**PROBLEM STATEMENT**
A verbatim copy of every record is needed.

------ RECORDS FOR THE TASK ------

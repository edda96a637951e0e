-- ===== src/Protocol/Make/Wire.antt =====
-- What `MakeMsg` and `MakeHeartbeatMsg` put on the wire, field by field.
use gotalk.Common.{
  ℕ, suc, ◌+◌, ◌-◌, ◌^◌, ◌≤◌, ◌<◌, ◌≡◌, ◌≢◌, ◌⊎◌, inl, inr, refl, ap, ◌∙◌, arith, ◌∷◌, ◌++◌, Bytes,
  length, take, replicate, ◌==◌, if◌then◌else◌, ok, panic, length-append, take-append, append_assoc,
  eqb-eq_false, Bool-cases, length-take,
}
use native.Mathlib.Decide.{ℕ_discrete}
use gotalk.Protocol.{msg_type_retry_res}
use gotalk.Protocol.Fixnum.{hex_digits}
use gotalk.Protocol.Fixnum.Copy.{length-hex_digits}
use gotalk.Protocol.Make.{name_size, buf_size, write_name, make_msg}
use gotalk.Protocol.Make.Fields.{
  put_fixnum-panic, name_field, wait_field, wire, IsId, write_id-Written, name_field-some,
  sized_pos, write_name-Written, write_wait-Written, write_size-append,
}

name_size-cases :
    (t : ℕ) (name3 : Bytes) → (name_size t name3 ≡ 0) ⊎ (name_size t name3 ≡ length name3)
unfolding name_size
name_size-cases t name3 = elim (Bool-cases (t == msg_type_retry_res)) [
  | inl retry ↦ rw retry (inl refl)
  | inr other ↦ rw other (inr refl)
]

length-id_field : (id : Bytes) → IsId id → length (take 4 id) ≡ (if length id == 0 then 0 else 4)
length-id_field id (inl e) = rw e
length-id_field id (inr h) =
    rw (eqb-eq_false (length id) 0 (λ e. omega arith)) (omega (arith, length-take 4 id))

length-name_field :
    (n : ℕ) (name3 : Bytes)
    → (n ≡ 0) ⊎ (n ≡ length name3)
    → length (name_field n name3) ≡ (if n == 0 then 0 else 3 + n)
length-name_field n name3 sized = elim (ℕ_discrete n 0) [
  | yes e ↦ rw e (unfold name_field in refl)
  | no h ↦
      rw (name_field-some n name3 h, eqb-eq_false n 0 h)
        (omega
          (arith, sized_pos h sized, length-append (hex_digits 3 n) name3, length-hex_digits 3 n))
]

length-wait_field :
    (t wait : ℕ) → length (wait_field t wait) ≡ (if t == msg_type_retry_res then 8 else 0)
unfolding wait_field
length-wait_field t wait = elim (Bool-cases (t == msg_type_retry_res)) [
  | inl retry ↦ rw retry (length-hex_digits 8 wait)
  | inr other ↦ rw other
]

-- The buffer has room for every field; but for a retry result it has no byte more.
buf_size-fits :
    (t : ℕ) (id name3 : Bytes) (wait : ℕ)
    → IsId id
    → 9
        + length (take 4 id)
        + length (name_field (name_size t name3) name3)
        + length (wait_field t wait)
      ≤ buf_size t id name3
unfolding buf_size
buf_size-fits t id name3 wait is_id = ground (
  arith,
  length-id_field id is_id,
  length-name_field (name_size t name3) name3 (name_size-cases t name3),
  length-wait_field t wait,
)

-- With an id that is empty or of 4 bytes at least, a name that counts for less than 4096 bytes, and
-- a wait and a size of 32 bits, `MakeMsg` succeeds and gives the wire form: the type, 4 bytes of
-- id, the name behind its length in 3 digits unless there is none, 8 digits of wait for a retry
-- result only, and 8 digits of size.
pub make_msg-wire :
    (t : ℕ) (id name3 : Bytes) (wait size : ℕ)
    → IsId id
    → name_size t name3 < 4096
    → wait < 2 ^ 32
    → size < 2 ^ 32
    → make_msg t id name3 wait size ≡ ok (wire t id name3 wait size)
unfolding make_msg wire
make_msg-wire t id name3 wait size is_id hname hwait hsize =
    let n = name_size t name3 in
    let k0 = buf_size t id name3 in
    let fits = buf_size-fits t id name3 wait is_id in
    let pre1 : Bytes = t ∷ take 4 id in
    let k1 = k0 - suc (length (take 4 id)) in
    let pre2 : Bytes = pre1 ++ name_field n name3 in
    let k2 = k1 - length (name_field n name3) in
    let pre3 : Bytes = pre2 ++ wait_field t wait in
    let k3 = k2 - length (wait_field t wait) in
    rw
      (
        write_id-Written k0 t id (omega (arith, fits)) is_id,
        write_name-Written pre1 k1 n name3 (name_size-cases t name3) (omega (arith, fits)) hname,
        write_wait-Written pre2 k2 t wait (omega (arith, fits)) hwait,
        write_size-append pre3 k3 size (omega (arith, fits)) hsize,
        take-append (length pre3 + 8) (pre3 ++ hex_digits 8 size) (replicate (k3 - 8) 0)
            (omega (arith, length-append pre3 (hex_digits 8 size), length-hex_digits 8 size)),
      )
      (ap ok (
        append_assoc pre2 (wait_field t wait) (hex_digits 8 size)
        ∙ append_assoc pre1 (name_field n name3) (wait_field t wait ++ hex_digits 8 size)))

-- With an id that is empty or of 4 bytes at least, and a type that is not a retry result, `MakeMsg`
-- on a name of 4096 bytes or more, below `2 ^ 63`, panics.
pub make_msg-panic :
    (t : ℕ) (id name3 : Bytes) (wait size : ℕ)
    → IsId id
    → t ≢ msg_type_retry_res
    → 4096 ≤ length name3
    → length name3 < 2 ^ 63
    → make_msg t id name3 wait size ≡ panic
unfolding make_msg write_name name_size
make_msg-panic t id name3 wait size is_id ht big h =
    let k0 = buf_size t id name3 in
    let fits = buf_size-fits t id name3 wait is_id in
    rw (
      write_id-Written k0 t id (omega (arith, fits)) is_id,
      eqb-eq_false t msg_type_retry_res ht,
      eqb-eq_false (length name3) 0 (λ e. omega arith),
      put_fixnum-panic _ _ 3 (length name3) (omega arith) (omega arith) (omega arith),
    )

------

**FINISHED EXERCISE**
repository edda96a637951e0e
-- ===== src/Protocol/Make/Wire.antt =====
-- What `MakeMsg` and `MakeHeartbeatMsg` put on the wire, field by field.
use gotalk.Common.{
  ℕ, suc, ◌+◌, ◌-◌, ◌^◌, ◌≤◌, ◌<◌, ◌≡◌, ◌≢◌, ◌⊎◌, inl, inr, refl, ap, ◌∙◌, arith, ◌∷◌, ◌++◌, Bytes,
  length, take, replicate, ◌==◌, if◌then◌else◌, ok, panic, length-append, take-append, append_assoc,
  eqb-eq_false, Bool-cases, length-take,
}
use native.Mathlib.Decide.{ℕ_discrete}
use gotalk.Protocol.{msg_type_retry_res}
use gotalk.Protocol.Fixnum.{hex_digits}
use gotalk.Protocol.Fixnum.Copy.{length-hex_digits}
use gotalk.Protocol.Make.{name_size, buf_size, write_name, make_msg}
use gotalk.Protocol.Make.Fields.{
  put_fixnum-panic, name_field, wait_field, wire, IsId, write_id-Written, name_field-some,
  sized_pos, write_name-Written, write_wait-Written, write_size-append,
}

name_size-cases :
    (t : ℕ) (name3 : Bytes) → (name_size t name3 ≡ 0) ⊎ (name_size t name3 ≡ length name3)
unfolding name_size
name_size-cases t name3 = elim (Bool-cases (t == msg_type_retry_res)) [
  | inl retry ↦ rw retry (inl refl)
  | inr other ↦ rw other (inr refl)
]

length-id_field : (id : Bytes) → IsId id → length (take 4 id) ≡ (if length id == 0 then 0 else 4)
length-id_field id (inl e) = rw e
length-id_field id (inr h) =
    rw (eqb-eq_false (length id) 0 (λ e. omega arith)) (omega (arith, length-take 4 id))

length-name_field :
    (n : ℕ) (name3 : Bytes)
    → (n ≡ 0) ⊎ (n ≡ length name3)
    → length (name_field n name3) ≡ (if n == 0 then 0 else 3 + n)
length-name_field n name3 sized = elim (ℕ_discrete n 0) [
  | yes e ↦ rw e (unfold name_field in refl)
  | no h ↦
      rw (name_field-some n name3 h, eqb-eq_false n 0 h)
        (omega
          (arith, sized_pos h sized, length-append (hex_digits 3 n) name3, length-hex_digits 3 n))
]

length-wait_field :
    (t wait : ℕ) → length (wait_field t wait) ≡ (if t == msg_type_retry_res then 8 else 0)
unfolding wait_field
length-wait_field t wait = elim (Bool-cases (t == msg_type_retry_res)) [
  | inl retry ↦ rw retry (length-hex_digits 8 wait)
  | inr other ↦ rw other
]

-- The buffer has room for every field; but for a retry result it has no byte more.
buf_size-fits :
    (t : ℕ) (id name3 : Bytes) (wait : ℕ)
    → IsId id
    → 9
        + length (take 4 id)
        + length (name_field (name_size t name3) name3)
        + length (wait_field t wait)
      ≤ buf_size t id name3
unfolding buf_size
buf_size-fits t id name3 wait is_id = ground (
  arith,
  length-id_field id is_id,
  length-name_field (name_size t name3) name3 (name_size-cases t name3),
  length-wait_field t wait,
)

-- With an id that is empty or of 4 bytes at least, a name that counts for less than 4096 bytes, and
-- a wait and a size of 32 bits, `MakeMsg` succeeds and gives the wire form: the type, 4 bytes of
-- id, the name behind its length in 3 digits unless there is none, 8 digits of wait for a retry
-- result only, and 8 digits of size.
pub make_msg-wire :
    (t : ℕ) (id name3 : Bytes) (wait size : ℕ)
    → IsId id
    → name_size t name3 < 4096
    → wait < 2 ^ 32
    → size < 2 ^ 32
    → make_msg t id name3 wait size ≡ ok (wire t id name3 wait size)
unfolding make_msg wire
make_msg-wire t id name3 wait size is_id hname hwait hsize =
    let n = name_size t name3 in
    let k0 = buf_size t id name3 in
    let fits = buf_size-fits t id name3 wait is_id in
    let pre1 : Bytes = t ∷ take 4 id in
    let k1 = k0 - suc (length (take 4 id)) in
    let pre2 : Bytes = pre1 ++ name_field n name3 in
    let k2 = k1 - length (name_field n name3) in
    let pre3 : Bytes = pre2 ++ wait_field t wait in
    let k3 = k2 - length (wait_field t wait) in
    rw
      (
        write_id-Written k0 t id (omega (arith, fits)) is_id,
        write_name-Written pre1 k1 n name3 (name_size-cases t name3) (omega (arith, fits)) hname,
        write_wait-Written pre2 k2 t wait (omega (arith, fits)) hwait,
        write_size-append pre3 k3 size (omega (arith, fits)) hsize,
        take-append (length pre3 + 8) (pre3 ++ hex_digits 8 size) (replicate (k3 - 8) 0)
            (omega (arith, length-append pre3 (hex_digits 8 size), length-hex_digits 8 size)),
      )
      (ap ok (
        append_assoc pre2 (wait_field t wait) (hex_digits 8 size)
        ∙ append_assoc pre1 (name_field n name3) (wait_field t wait ++ hex_digits 8 size)))

-- With an id that is empty or of 4 bytes at least, and a type that is not a retry result, `MakeMsg`
-- on a name of 4096 bytes or more, below `2 ^ 63`, panics.
pub make_msg-panic :
    (t : ℕ) (id name3 : Bytes) (wait size : ℕ)
    → IsId id
    → t ≢ msg_type_retry_res
    → 4096 ≤ length name3
    → length name3 < 2 ^ 63
    → make_msg t id name3 wait size ≡ panic
unfolding make_msg write_name name_size
make_msg-panic t id name3 wait size is_id ht big h =
    let k0 = buf_size t id name3 in
    let fits = buf_size-fits t id name3 wait is_id in
    rw (
      write_id-Written k0 t id (omega (arith, fits)) is_id,
      eqb-eq_false t msg_type_retry_res ht,
      eqb-eq_false (length name3) 0 (λ e. omega arith),
      put_fixnum-panic _ _ 3 (length name3) (omega arith) (omega arith) (omega arith),
    )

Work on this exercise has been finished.